◆ Study material:
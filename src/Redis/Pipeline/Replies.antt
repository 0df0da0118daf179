-- ===== src/Redis/Pipeline/Replies.antt =====
-- conn.go, pipelines: every command gets the reply to it.
use pepperbus.Base.{
  ℕ, suc, ◌+◌, ◌<◌, ◌≡◌, refl, ap, sym, ◌∙◌, List, [], ◌∷◌, ◌++◌, append_assoc, append-nil, Option,
  none, some, length, All, arith,
}
use pepperbus.Base.Text.{Text}
use pepperbus.Redis.Resp.{Arg, write_request, Value, v_nil, ReadError, common, read_response}
use pepperbus.Redis.Resp.Encode.{NoFeed}
use pepperbus.Redis.Resp.Errors.{error_reply, read_error}
use pepperbus.Redis.Resp.RoundTrip.{encode, depth, Fits, read_response-encode}
use pepperbus.Redis.Pipeline.{
  Pipe, pipe_send, Slot, filled, Read, add_reply, store_reply, read_replies, Piped, replies,
  pipe_exec,
}

-- Commands that are sent one after the other, and the bytes of them.
unfoldable pub send_all : List (Text × List Arg) → Pipe → Pipe
send_all [] p = p
send_all ((command, args) ∷ rest) p = send_all rest (pipe_send command args p)

abbrev pub requests : List (Text × List Arg) → Text
requests [] = []
requests ((command, args) ∷ rest) = write_request command args ++ requests rest

-- What a server writes for a command.
pub data Served : Type 0 where
  served : Value → Served
  refused : Text → Served

abbrev pub bytes_of : List Served → Text
bytes_of [] = []
bytes_of (served v ∷ rs) = encode v ++ bytes_of rs
bytes_of (refused e ∷ rs) = error_reply e ++ bytes_of rs

-- The values that are returned, and the error that is.
abbrev pub values_of : List Served → List Slot
values_of [] = []
values_of (served v ∷ rs) = filled v ∷ values_of rs
values_of (refused e ∷ rs) = filled v_nil ∷ values_of rs

abbrev pub last_error : Option ReadError → List Served → Option ReadError
last_error e [] = e
last_error e (served v ∷ rs) = last_error none rs
last_error e (refused m ∷ rs) = last_error (some (common m)) rs

abbrev pub Readable : ℕ → Served → Type 0
Readable f (served v) = (depth v < suc f) × Fits v
Readable f (refused e) = NoFeed e

send_all-count :
    (cmds : List (Text × List Arg)) (p : Pipe)
    → (send_all cmds p).pipe_count ≡ p.pipe_count + length cmds
unfolding send_all pipe_send
send_all-count [] p = omega arith
send_all-count ((command, args) ∷ rest) p =
    send_all-count rest (pipe_send command args p) ∙ omega arith

send_all-written :
    (cmds : List (Text × List Arg)) (p : Pipe)
    → (send_all cmds p).written ≡ p.written ++ requests cmds
unfolding send_all pipe_send
send_all-written [] p = sym (append-nil p.written)
send_all-written ((command, args) ∷ rest) p =
    send_all-written rest (pipe_send command args p)
    ∙ append_assoc p.written (write_request command args) (requests rest)

replies_lem :
    (f : ℕ) (rs : List Served) (e : Option ReadError) (rest : Text)
    → All (Readable f) rs
    → read_replies (suc f) (length rs) e (bytes_of rs ++ rest)
      ≡ some (values_of rs, last_error e rs, rest)
unfolding read_replies
replies_lem f [] e rest h = refl
replies_lem f (served v ∷ rs) e rest ((deep, fits), h) =
    ap (λ w. store_reply w (read_response (suc f) w) (read_replies (suc f) (length rs)))
      (append_assoc (encode v) (bytes_of rs) rest)
    ∙ (ap
          (λ g.
            store_reply (encode v ++ (bytes_of rs ++ rest)) g (read_replies (suc f) (length rs)))
          (read_response-encode (suc f) v (bytes_of rs ++ rest) deep fits)
        ∙ ap (add_reply (filled v)) (replies_lem f rs none rest h))
replies_lem f (refused m ∷ rs) e rest (feedless, h) =
    ap (λ w. store_reply w (read_response (suc f) w) (read_replies (suc f) (length rs)))
      (append_assoc (error_reply m) (bytes_of rs) rest)
    ∙ (ap
          (λ g.
            store_reply (error_reply m ++ (bytes_of rs ++ rest)) g
              (read_replies (suc f) (length rs)))
          (read_error f m (bytes_of rs ++ rest) feedless)
        ∙ ap (add_reply (filled v_nil)) (replies_lem f rs (some (common m)) rest h))

abbrev executed : Pipe → Read → Piped × Pipe
executed p r = (replies r, record p { pipe_count = 0 })

-- A pipeline of commands, on a connection where none is pending: the requests are written in their
-- order, and PipeExec returns the values of the replies in that order, nil for a command that was
-- refused; what stands behind them is left unread. The error that is returned is that of the last
-- command alone. (The fuel exceeds the nesting of arrays; lengths are those that make takes, numbers
-- in the range of Go, error messages have no line feed.)
pub pipe_exec_lem :
    (f : ℕ) (cmds : List (Text × List Arg)) (rs : List Served) (written rest : Text)
    → length rs ≡ length cmds
    → All (Readable f) rs
    → let start : Pipe = record { pipe_count = 0; written = written } in
      let p = send_all cmds start in
      (p.written ≡ written ++ requests cmds)
      × (pipe_exec (suc f) none (bytes_of rs ++ rest) p
          ≡ (replies (some (values_of rs, last_error none rs, rest)), record p { pipe_count = 0 }))
unfolding pipe_exec
pipe_exec_lem f cmds rs written rest same h =
    let start : Pipe = record { pipe_count = 0; written = written } in
    let p = send_all cmds start in
    let count : p.pipe_count ≡ length rs = send_all-count cmds start ∙ omega (arith, same) in
    (
      send_all-written cmds start,
      ap (λ n. executed p (read_replies (suc f) n none (bytes_of rs ++ rest))) count
          ∙ ap (executed p) (replies_lem f rs none rest h),
    )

◆ Task to complete:
Only the lines above from the one with "(append_assoc (error_reply m)" through the one with "rs ++ rest) p" should be duplicated, character for character.

◆ Response to the task:
      (append_assoc (error_reply m) (bytes_of rs) rest)
    ∙ (ap
          (λ g.
            store_reply (error_reply m ++ (bytes_of rs ++ rest)) g
              (read_replies (suc f) (length rs)))
          (read_error f m (bytes_of rs ++ rest) feedless)
        ∙ ap (add_reply (filled v_nil)) (replies_lem f rs (some (common m)) rest h))

abbrev executed : Pipe → Read → Piped × Pipe
executed p r = (replies r, record p { pipe_count = 0 })

-- A pipeline of commands, on a connection where none is pending: the requests are written in their
-- order, and PipeExec returns the values of the replies in that order, nil for a command that was
-- refused; what stands behind them is left unread. The error that is returned is that of the last
-- command alone. (The fuel exceeds the nesting of arrays; lengths are those that make takes, numbers
-- in the range of Go, error messages have no line feed.)
pub pipe_exec_lem :
    (f : ℕ) (cmds : List (Text × List Arg)) (rs : List Served) (written rest : Text)
    → length rs ≡ length cmds
    → All (Readable f) rs
    → let start : Pipe = record { pipe_count = 0; written = written } in
      let p = send_all cmds start in
      (p.written ≡ written ++ requests cmds)
      × (pipe_exec (suc f) none (bytes_of rs ++ rest) p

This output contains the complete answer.